Tats introduces this image here - you gotta go out and explore and find some upper class girls’ Luke elaborates – them sort of women that walk out of the tube station at half five – they’re upper class inniit, working, secretary looking. Ryan adds – they have got more self respect.
The discussion then moves to another performance of disgust for girls who are ‘on the road’, who don’t work and who just ride bus routes and hang around having sex.
Here Wits summarises the contrast that they are making in this extract between respect and desire for the professionalism of the ‘upper class girls’ who appear in their local area after work, and disgust for the girls, who like them are young and jobless, with nothing to do but spend time on the road, sleeping around.
I remember being shocked by the youth worker Steven’s comment to Luke – what do you think they will see in you? That seemed to slip out before Steven could stop himself. Although the boys smoothed over this awkward moment with their laughter, Steven’s comment laid bare the gaping inequality between the boys current marginalised socio-economic position and the culture of professionalism (IMY 1980) to which they are playfully aspiring to access through their future sexual relationships.
Steven’s comment also reveals the inequalities of age and professionalism that shape the power dynamics between the young men and Steven, Graham and I – a hierarchy that the boys may have contested throughout this group encounter through the use of humour, subversive story telling and the powerful mobilisation of disgust, but one that may not be so easily dislodged outside of this particular context.
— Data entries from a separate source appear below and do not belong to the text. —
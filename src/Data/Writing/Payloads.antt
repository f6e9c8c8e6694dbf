-- ===== src/Data/Writing/Payloads.antt =====
-- What a carrier's checks say of the payload and the range that are written.
use famepy.Prelude.{
  ℕ, suc, ◌^◌, ℤ, pos, fits, ◌==ℤ◌, ==ℤ_iff, ◌+ℤ◌, ◌-ℤ◌, int_laws, ◌≡◌, refl, sym, ◌∙◌, ap, subst,
  Bytes, Bool, true, false, Option, none, some, List, [], ◌∷◌, leb, ◌==◌, length, contains_byte,
  if◌then◌else◌,
}
use famepy.Errors.{Result, ok, err, data_validation}
use famepy.Native.{Range}
use famepy.Data.{
  Kind, precision, numeric, boolean, date, string, namelist, Cells, precisions, numerics, Buffer,
  array, foreign, items, Value, integer, double, single, text, Numpy, count, size, max_observations,
  no_nul_bytes, check_bytes, check_buffer, encoded_cells, option_bind, encode_scalar,
}
use famepy.Data.Carriers.{
  fame_range, range_length, RawSeries, RawObject, raw_scalar, raw_series, all_bytes, Payload, block,
  namelist_text, string_text, string_texts, blocked, series_payload, is_empty_series, last_index,
  series_range, scalar_payload, prepare,
}
use famepy.Data.Buffers.{bulk_length}
use famepy.Data.Writing.{any_nul, raw_range, writes_nothing}
use famepy.Data.Writing.Bare.{ReadyPayload}
use famepy.Data.Results.{and_then-ok, guard-ok, refuse-ok, err-ok, and_parts}

length_between : (first : ℤ) (n : ℕ) → (first +ℤ pos n -ℤ pos 1) -ℤ first +ℤ pos 1 ≡ pos n
length_between first n = grind int_laws

no_nul_bytes-ok :
    (bs : Bytes) (b : Bytes) → no_nul_bytes bs ≡ ok b → (contains_byte 0 b ≡ false) × (b ≡ bs)
unfolding no_nul_bytes
no_nul_bytes-ok bs b e =
    let (clean, last) = refuse-ok (contains_byte 0 bs) data_validation e in
    let q : bs ≡ b = cc last in (subst (λ x. contains_byte 0 x ≡ false) q clean, sym q)

check_bytes-ok : (v : Value) (b : Bytes) → check_bytes v ≡ ok b → contains_byte 0 b ≡ false
unfolding check_bytes
check_bytes-ok (text bs) b e = (no_nul_bytes-ok bs b e).0
check_bytes-ok _ b e = absurd (err-ok e)

-- one element, if any
abbrev One : Result Cells → Type 0
One (ok cells) = count cells ≡ 1
One (err e) = Unit

encoded_cells-One :
    {A : Type 0} (f : A → Cells) (o : Option A)
    → ((a : A) → count (f a) ≡ 1)
    → One (encoded_cells f o)
encoded_cells-One f none h = tt
encoded_cells-One f (some a) h = h a

checked-One :
    (b : Bool) (cells : Cells) → count cells ≡ 1 → One (if b then ok cells else err data_validation)
checked-One true cells h = h
checked-One false cells h = tt

encode_scalar-One : (numpy : Numpy) (kind : Kind) (v : Value) → One (encode_scalar numpy kind v)
unfolding encode_scalar
encode_scalar-One numpy boolean (integer n) = checked-One (fits (2 ^ 31) n) _ refl
encode_scalar-One numpy date (integer n) = checked-One (fits (2 ^ 63) n) _ refl
encode_scalar-One numpy precision (integer n) =
    encoded_cells-One (λ b. precisions (b ∷ [])) (numpy.from_integer n) (λ b. refl)
encode_scalar-One numpy precision (double b) = refl
encode_scalar-One numpy precision (single b) = refl
encode_scalar-One numpy numeric (integer n) =
    encoded_cells-One (λ b. numerics (b ∷ [])) (option_bind (numpy.from_integer n) numpy.narrowed)
      (λ b. refl)
encode_scalar-One numpy numeric (double b) =
    encoded_cells-One (λ b. numerics (b ∷ [])) (numpy.narrowed b) (λ b. refl)
encode_scalar-One numpy numeric (single b) = refl
encode_scalar-One numpy _ _ = tt

abbrev ReadyResult : Option Range → Result Payload → Type 0
ReadyResult range (ok p) = ReadyPayload range p
ReadyResult range (err e) = Unit

One-Ready : (r : Result Cells) → One r → ReadyResult none (blocked r)
One-Ready (err e) h = tt
One-Ready (ok cells) h =
    subst (λ n. ((pos n ==ℤ pos 1) ≡ true) × (leb n max_observations ≡ true)) (sym h) (refl, refl)

texts-Ready :
    (v : Value) (f : Bytes → Payload)
    → ((b : Bytes) → contains_byte 0 b ≡ false → ReadyPayload none (f b))
    → (p : Payload) → famepy.Objects.and_then (check_bytes v) (λ b. ok (f b)) ≡ ok p
    → ReadyPayload none p
texts-Ready v f h p e =
    let (b, eb, last) = and_then-ok (check_bytes v) _ e in
    let q : f b ≡ p = cc last in subst (ReadyPayload none) q (h b (check_bytes-ok v b eb))

scalar_payload-Ready :
    (numpy : Numpy) (kind : Kind) (v : Value) (p : Payload)
    → scalar_payload numpy kind v ≡ ok p
    → ReadyPayload none p
unfolding scalar_payload
scalar_payload-Ready numpy string v p e = texts-Ready v string_text (λ b h. h) p e
scalar_payload-Ready numpy namelist v p e = texts-Ready v namelist_text (λ b h. h) p e
scalar_payload-Ready numpy kind v p e =
    subst (ReadyResult none) e (One-Ready _ (encode_scalar-One numpy kind v))

all_bytes-ok :
    (xs : List (Option Bytes)) (bss : List Bytes)
    → all_bytes xs ≡ ok bss
    → (length bss ≡ length xs) × (any_nul bss ≡ false)
unfolding all_bytes any_nul
all_bytes-ok [] bss e =
    let q : [] ≡ bss = cc e in subst (λ bs. (length bs ≡ 0) × (any_nul bs ≡ false)) q (refl, refl)
all_bytes-ok (none ∷ xs) bss e = absurd (err-ok e)
all_bytes-ok (some bs ∷ xs) bss e =
    let (b, eb, rest) = and_then-ok (no_nul_bytes bs) _ e in
    let (cs, ec, last) = and_then-ok (all_bytes xs) _ rest in
    let q : b ∷ cs ≡ bss = cc last in
    let (same, clean) = all_bytes-ok xs cs ec in
    subst (λ bs. (length bs ≡ suc (length xs)) × (any_nul bs ≡ false)) q
      (ap suc same, rw ((no_nul_bytes-ok bs b eb).0) clean)

check_buffer-ok :
    (kind : Kind) (values : Buffer) (l : Option ℤ) (cells : Cells)
    → check_buffer kind values l ≡ ok cells
    → (values ≡ array cells) × (leb (count cells) max_observations ≡ true)
unfolding check_buffer
check_buffer-ok kind (foreign n) l cells e = absurd (err-ok e)
check_buffer-ok kind (items xs) l cells e = absurd (err-ok e)
check_buffer-ok kind (array cs) l cells e =
    let (tests, last) = guard-ok _ data_validation e in
    let q : cs ≡ cells = cc last in
    let (c, d) = and_parts _ (leb (count cs) max_observations) tests in
    (ap array q, subst (λ x. leb (count x) max_observations ≡ true) q d)

-- what the payload of a series holds, by the number of its values
abbrev Sized : ℕ → Payload → Type 0
Sized n (block cells) = (count cells ≡ n) × (leb (count cells) max_observations ≡ true)
Sized n (string_texts bss) = (length bss ≡ n) × (any_nul bss ≡ false)
Sized n _ = ⊥

blocked-Sized :
    (kind : Kind) (values : Buffer) (l : Option ℤ) (p : Payload)
    → blocked (check_buffer kind values l) ≡ ok p
    → Sized (size values) p
blocked-Sized kind values l p e = go (check_buffer kind values l) refl e
  where
    go :
        (r : Result Cells)
        → check_buffer kind values l ≡ r
        → blocked r ≡ ok p
        → Sized (size values) p
    go (err x) q e = absurd (err-ok e)
    go (ok cells) q e =
        let (same, bound) = check_buffer-ok kind values l cells q in
        let r : block cells ≡ p = cc e in subst (Sized (size values)) r (sym (ap size same), bound)

series_payload-Sized :
    (kind : Kind) (values : Buffer) (l : Option ℤ) (p : Payload)
    → series_payload kind values l ≡ ok p
    → Sized (size values) p
unfolding series_payload
series_payload-Sized string (items xs) l p e =
    let (bss, eb, last) = and_then-ok (all_bytes xs) _ e in
    let q : string_texts bss ≡ p = cc last in subst (Sized (length xs)) q (all_bytes-ok xs bss eb)
series_payload-Sized string (array cells) l p e = absurd (err-ok e)
series_payload-Sized string (foreign n) l p e = absurd (err-ok e)
series_payload-Sized kind values l p e = blocked-Sized kind values l p e

eq_self : (n : ℕ) (l : ℤ) → l ≡ pos n → (pos n ==ℤ l) ≡ true
eq_self n l h = (==ℤ_iff (pos n) l).1 (sym h)

Sized-Ready :
    (n : ℕ) (range : Option Range) (p : Payload)
    → (n == 0) ≡ false
    → bulk_length range ≡ pos n
    → Sized n p
    → ReadyPayload range p
Sized-Ready n range (block cells) h l (c, m) =
    (eq_self (count cells) (bulk_length range) (l ∙ ap pos (sym c)), m)
Sized-Ready n range (string_texts bss) h l (c, z) = (
  subst (λ k. (k == 0) ≡ false) (sym c) h,
  z,
  eq_self (length bss) (bulk_length range) (l ∙ ap pos (sym c)),
)
Sized-Ready n range (namelist_text bs) h l c = absurd c
Sized-Ready n range (string_text bs) h l c = absurd c

abbrev pub range_from : ℤ → ℤ → ℤ → Range
range_from frequency first last = record { frequency = frequency; first = first; last = last }

pub fame_range-ok :
    (frequency first last : ℤ) (r : Range)
    → fame_range frequency first last ≡ ok r
    → range_from frequency first last ≡ r
unfolding fame_range
fame_range-ok frequency first last r e = let q = (guard-ok _ data_validation e).1 in q

series_range-length :
    (s : RawSeries) (range : Option Range)
    → is_empty_series s ≡ false
    → series_range s ≡ ok range
    → bulk_length range ≡ pos (size s.values)
unfolding series_range
series_range-length s range h e =
    let (r, er, last) =
      and_then-ok (fame_range s.frequency s.first_index (last_index s)) (λ r. ok (some r))
        (nonempty (is_empty_series s) h e) in
    let q : some r ≡ range = cc last in
    subst (λ x. bulk_length x ≡ pos (size s.values)) q
      (ap range_length (sym (fame_range-ok s.frequency s.first_index (last_index s) r er))
        ∙ length_between s.first_index (size s.values))
  where
    nonempty :
        (b : Bool)
        → b ≡ false
        → (if b
            then ok none
            else famepy.Objects.and_then
                (fame_range s.frequency s.first_index (last_index s))
                (λ r. ok (some r)))
          ≡ ok range
        → famepy.Objects.and_then
            (fame_range s.frequency s.first_index (last_index s))
            (λ r. ok (some r))
          ≡ ok range
    nonempty false h e = e
    nonempty true h e = cc

-- The payload of a carrier is ready for its range, unless it is of an empty series.
pub prepare-Ready :
    (numpy : Numpy) (obj : RawObject) (p : Payload) (range : Option Range)
    → prepare numpy obj ≡ ok p
    → raw_range obj ≡ ok range
    → writes_nothing obj ≡ false
    → ReadyPayload range p
unfolding prepare
prepare-Ready numpy (raw_scalar s) p range e r h =
    let q : none ≡ range = cc r in
    subst (λ x. ReadyPayload x p) q (scalar_payload-Ready numpy s.kind s.value p e)
prepare-Ready numpy (raw_series s) p range e r h =
    let (same, made) = guarded (size s.values == s.declared_length) e in
    Sized-Ready (size s.values) range p h (series_range-length s range h r)
      (series_payload-Sized s.kind s.values (some (pos (size s.values))) p made)
  where
    guarded :
        (b : Bool) {x : Result Payload}
        → (if b then x else err data_validation) ≡ ok p
        → (b ≡ true) × (x ≡ ok p)
    guarded true e = (refl, e)
    guarded false e = absurd (err-ok e)
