-- ===== src/Data/Writing/Ready.antt =====
-- The plan of a write is ready: the checks before the first native call imply those of the native
-- layer.
use famepy.Prelude.{
  ℕ, ◌^◌, ℤ, pos, fits, ◌==ℤ◌, ==ℤ_iff, ◌≡◌, refl, sym, ◌∙◌, ap, subst, Bool, true, false, not,
  ◌&&◌, ◌||◌, Bool-cases, inl, inr, Option, none, some, List, [], ◌∷◌, map, bytes_eq,
}
use famepy.Errors.{Result, ok, err, data_validation, value_error}
use famepy.Text.{strip, underscored}
use famepy.Constants.{CodeArg, Table, frequencies, has_code, lookup}
use famepy.Constants.Codes.{lookup-has_code}
use famepy.Wildcard.Filters.{upper_all}
use famepy.World.{AccessMode}
use famepy.Text.{Text, object_name}
use famepy.Text.Names.{object_name-bounds}
use famepy.Objects.{is_date_type, frequency_case}
use famepy.Data.{
  Kind, undefined, precision, numeric, boolean, date, string, namelist, Numpy, kind_code, calendar,
  date_frequency,
}
use famepy.Data.Writing.{
  bases, observations, attribute_named, attribute_code, default_observed, attribute_codes,
  defined_frequency, class_of, raw_range, is_writable, Plan, plan_of,
}
use famepy.Data.Writing.Bare.{Ready}
use famepy.Data.Writing.Payloads.{prepare-Ready}
use famepy.Data.Carriers.{
  RawObject, raw_scalar, raw_series, raw_type, raw_kind, type_of, prepare, value_frequency,
}
use famepy.Data.Results.{and_then-ok, guard-ok, refuse-ok, err-ok, ok-injective, and_parts}

-- the codes of a table fit 32 bits
unfoldable all_fit : Table → Bool
all_fit [] = true
all_fit ((n, c) ∷ t) = fits (2 ^ 31) c && all_fit t

has_code-fits :
    (c : ℤ) (t : Table) → has_code c t ≡ true → all_fit t ≡ true → fits (2 ^ 31) c ≡ true
unfolding has_code all_fit
has_code-fits c [] h a = absurd (refused h)
  where
    refused : false ≡ true → ⊥
    refused q = cc
has_code-fits c ((n, d) ∷ t) h a = elim (Bool-cases (d ==ℤ c)) [
  | inl same ↦
      subst (λ x. fits (2 ^ 31) x ≡ true) ((==ℤ_iff d c).0 same)
        (and_parts (fits (2 ^ 31) d) (all_fit t) a).0
  | inr other' ↦
      has_code-fits c t (ap (λ b. b || has_code c t) (sym other') ∙ h)
        (and_parts (fits (2 ^ 31) d) (all_fit t) a).1
]

frequencies-fit : all_fit frequencies ≡ true
unfolding all_fit
frequencies-fit = refl

lookup-fits : (v : CodeArg) (c : ℤ) → lookup v frequencies ≡ ok c → fits (2 ^ 31) c ≡ true
lookup-fits v c e = has_code-fits c frequencies (lookup-has_code v frequencies c e) frequencies-fit

attribute_named-fits :
    (key : List ℕ) (t : Table) (c : ℤ)
    → attribute_named key t ≡ ok c
    → all_fit t ≡ true
    → fits (2 ^ 31) c ≡ true
unfolding attribute_named all_fit
attribute_named-fits key [] c e a = absurd (err-ok e)
attribute_named-fits key ((n, d) ∷ t) c e a = elim (Bool-cases (bytes_eq n key)) [
  | inl found ↦
      (let q : d ≡ c = cc (found, e) in
        subst (λ x. fits (2 ^ 31) x ≡ true) q (and_parts (fits (2 ^ 31) d) (all_fit t) a).0)
  | inr other' ↦
      attribute_named-fits key t c (cc (other', e)) (and_parts (fits (2 ^ 31) d) (all_fit t) a).1
]

attribute_code-fits :
    (v : Option CodeArg) (t : Table) (d c : ℤ)
    → attribute_code v t d ≡ ok c
    → all_fit t ≡ true
    → fits (2 ^ 31) d ≡ true
    → fits (2 ^ 31) c ≡ true
unfolding attribute_code
attribute_code-fits none t d c e a h =
    (let q : d ≡ c = cc e in subst (λ x. fits (2 ^ 31) x ≡ true) q h)
attribute_code-fits (some (CodeArg.boolean b)) t d c e a h = absurd (err-ok e)
attribute_code-fits (some CodeArg.object) t d c e a h = absurd (err-ok e)
attribute_code-fits (some (CodeArg.name cs)) t d c e a h =
    attribute_named-fits (map underscored (upper_all (strip cs))) t c e a
attribute_code-fits (some (CodeArg.number n)) t d c e a h =
    let (known, same) = guard-ok (has_code n t) value_error e in
    has_code-fits c t (ap (λ x. has_code x t) (sym same) ∙ known) a

default_observed-fits : (k : Kind) → fits (2 ^ 31) (default_observed k) ≡ true
default_observed-fits precision = refl
default_observed-fits numeric = refl
default_observed-fits _ = refl

attribute_codes-fits :
    (basis observed : Option CodeArg) (k : Kind) (a : ℤ × ℤ)
    → attribute_codes basis observed k ≡ ok a
    → (fits (2 ^ 31) a.0 ≡ true) × (fits (2 ^ 31) a.1 ≡ true)
unfolding attribute_codes all_fit
attribute_codes-fits basis observed k a e =
    let (b, eb, rest) = and_then-ok (attribute_code basis bases (pos 1)) _ e in
    let (o, eo, last) =
      and_then-ok (attribute_code observed observations (default_observed k)) _ rest in
    let q : (b, o) ≡ a = cc last in
    subst (λ (x : ℤ × ℤ). (fits (2 ^ 31) x.0 ≡ true) × (fits (2 ^ 31) x.1 ≡ true)) q
      (
        attribute_code-fits basis bases (pos 1) b eb refl refl,
        attribute_code-fits observed observations (default_observed k) o eo refl
            (default_observed-fits k),
      )

class_of-fits :
    (obj : RawObject) (c : ℤ × ℤ)
    → class_of obj ≡ ok c
    → (fits (2 ^ 31) c.0 ≡ true) × (fits (2 ^ 31) c.1 ≡ true)
unfolding class_of
class_of-fits (raw_scalar s) c e =
    let q : (pos 2, pos 0) ≡ c = cc e in
    subst (λ (x : ℤ × ℤ). (fits (2 ^ 31) x.0 ≡ true) × (fits (2 ^ 31) x.1 ≡ true)) q (refl, refl)
class_of-fits (raw_series s) c e =
    let (f, ef, rest) = and_then-ok (lookup (CodeArg.number s.frequency) frequencies) _ e in
    let (g, eg, last) = and_then-ok (defined_frequency f) _ rest in
    let same : f ≡ g = cc ((refuse-ok (f ==ℤ pos 0) data_validation eg).1) in
    let q : (pos 1, g) ≡ c = cc last in
    subst (λ (x : ℤ × ℤ). (fits (2 ^ 31) x.0 ≡ true) × (fits (2 ^ 31) x.1 ≡ true)) q
      (
        refl,
        subst (λ x. fits (2 ^ 31) x ≡ true) same (lookup-fits (CodeArg.number s.frequency) f ef),
      )

-- a carrier whose type is a 32-bit code, as those that were built are
abbrev pub FitsType : RawObject → Type 0
FitsType obj = fits (2 ^ 31) (raw_type obj) ≡ true

-- What `write_raw` has checked before its first native call is enough for every later check.
pub plan_of-Ready :
    (numpy : Numpy) (mode : AccessMode) (n : Text) (obj : RawObject)
    (basis observed : Option CodeArg) (p : Plan)
    → FitsType obj
    → plan_of numpy mode n obj basis observed ≡ ok p
    → Ready p
unfolding plan_of
plan_of-Ready numpy mode n obj basis observed p t e =
    let (name', en, e1) = and_then-ok (object_name n) _ e in
    let (writable, e2) = refuse-ok (not (is_writable mode)) data_validation e1 in
    let (c, ec, e3) = and_then-ok (class_of obj) _ e2 in
    let (a, ea, e4) = and_then-ok (attribute_codes basis observed (raw_kind obj)) _ e3 in
    let (payload, ep, e5) = and_then-ok (prepare numpy obj) _ e4 in
    let (range, er, e6) = and_then-ok (raw_range obj) _ e5 in
    subst Ready (ok-injective e6) (record {
      name_ok = (object_name-bounds n name' en).3;
      class_fits = (class_of-fits obj c ec).0;
      frequency_fits = (class_of-fits obj c ec).1;
      type_fits = t;
      basis_fits = (attribute_codes-fits basis observed (raw_kind obj) a ea).0;
      observed_fits = (attribute_codes-fits basis observed (raw_kind obj) a ea).1;
      payload_ready = λ h. prepare-Ready numpy obj payload range ep er h;
    })

pub calendar-ok : (r : Result ℤ) (c : ℤ) → calendar r ≡ ok c → r ≡ ok c
unfolding calendar
calendar-ok (err x) c e = absurd (err-ok e)
calendar-ok (ok d) c e =
    ap ok
      (guard-ok (is_date_type d) data_validation
        (refuse-ok (d ==ℤ frequency_case) data_validation e).1).1

date_frequency-fits : (f c : ℤ) → date_frequency f ≡ ok c → fits (2 ^ 31) c ≡ true
unfolding date_frequency
date_frequency-fits f c e = lookup-fits (CodeArg.number f) c (calendar-ok _ c e)

kind_code-fits : (k : Kind) → fits (2 ^ 31) (kind_code k) ≡ true
kind_code-fits undefined = refl
kind_code-fits precision = refl
kind_code-fits numeric = refl
kind_code-fits boolean = refl
kind_code-fits date = refl
kind_code-fits string = refl
kind_code-fits namelist = refl

pub value_frequency-fits :
    (k : Kind) (given f : Option ℤ)
    → value_frequency k given ≡ ok f
    → fits (2 ^ 31) (type_of k f) ≡ true
unfolding value_frequency
value_frequency-fits date none f e = absurd (err-ok e)
value_frequency-fits date (some g) f e =
    let (c, ec, last) = and_then-ok (date_frequency g) (λ code. ok (some code)) e in
    subst (λ x. fits (2 ^ 31) (type_of date x) ≡ true) (ok-injective last)
      (date_frequency-fits g c ec)
value_frequency-fits k none f e =
    subst (λ x. fits (2 ^ 31) (type_of k x) ≡ true) (ok-injective e) (kind_code-fits k)
value_frequency-fits k (some g) f e = absurd (err-ok e)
Ryan’s comment that the upper class girls have ‘got more self respect innit?’ seems momentarily to acknowledge this hierarchy of respectability that Steven has just evoked that positions the young men and their current sexual partners as inferior and excluded from respectable, desirable middle class professionalism. This uncomfortable moment is quickly closed down however by Wits through telling a new hyperbolic story of disgusting female excess, and as Tats joins in (disgusting sight, disgusting, that’s why I don’t want to have a daughter - appalling), the group appear to have thus collectively re-established the young men’s, situationally precarious moral authority on the boundaries of good, respectable sex.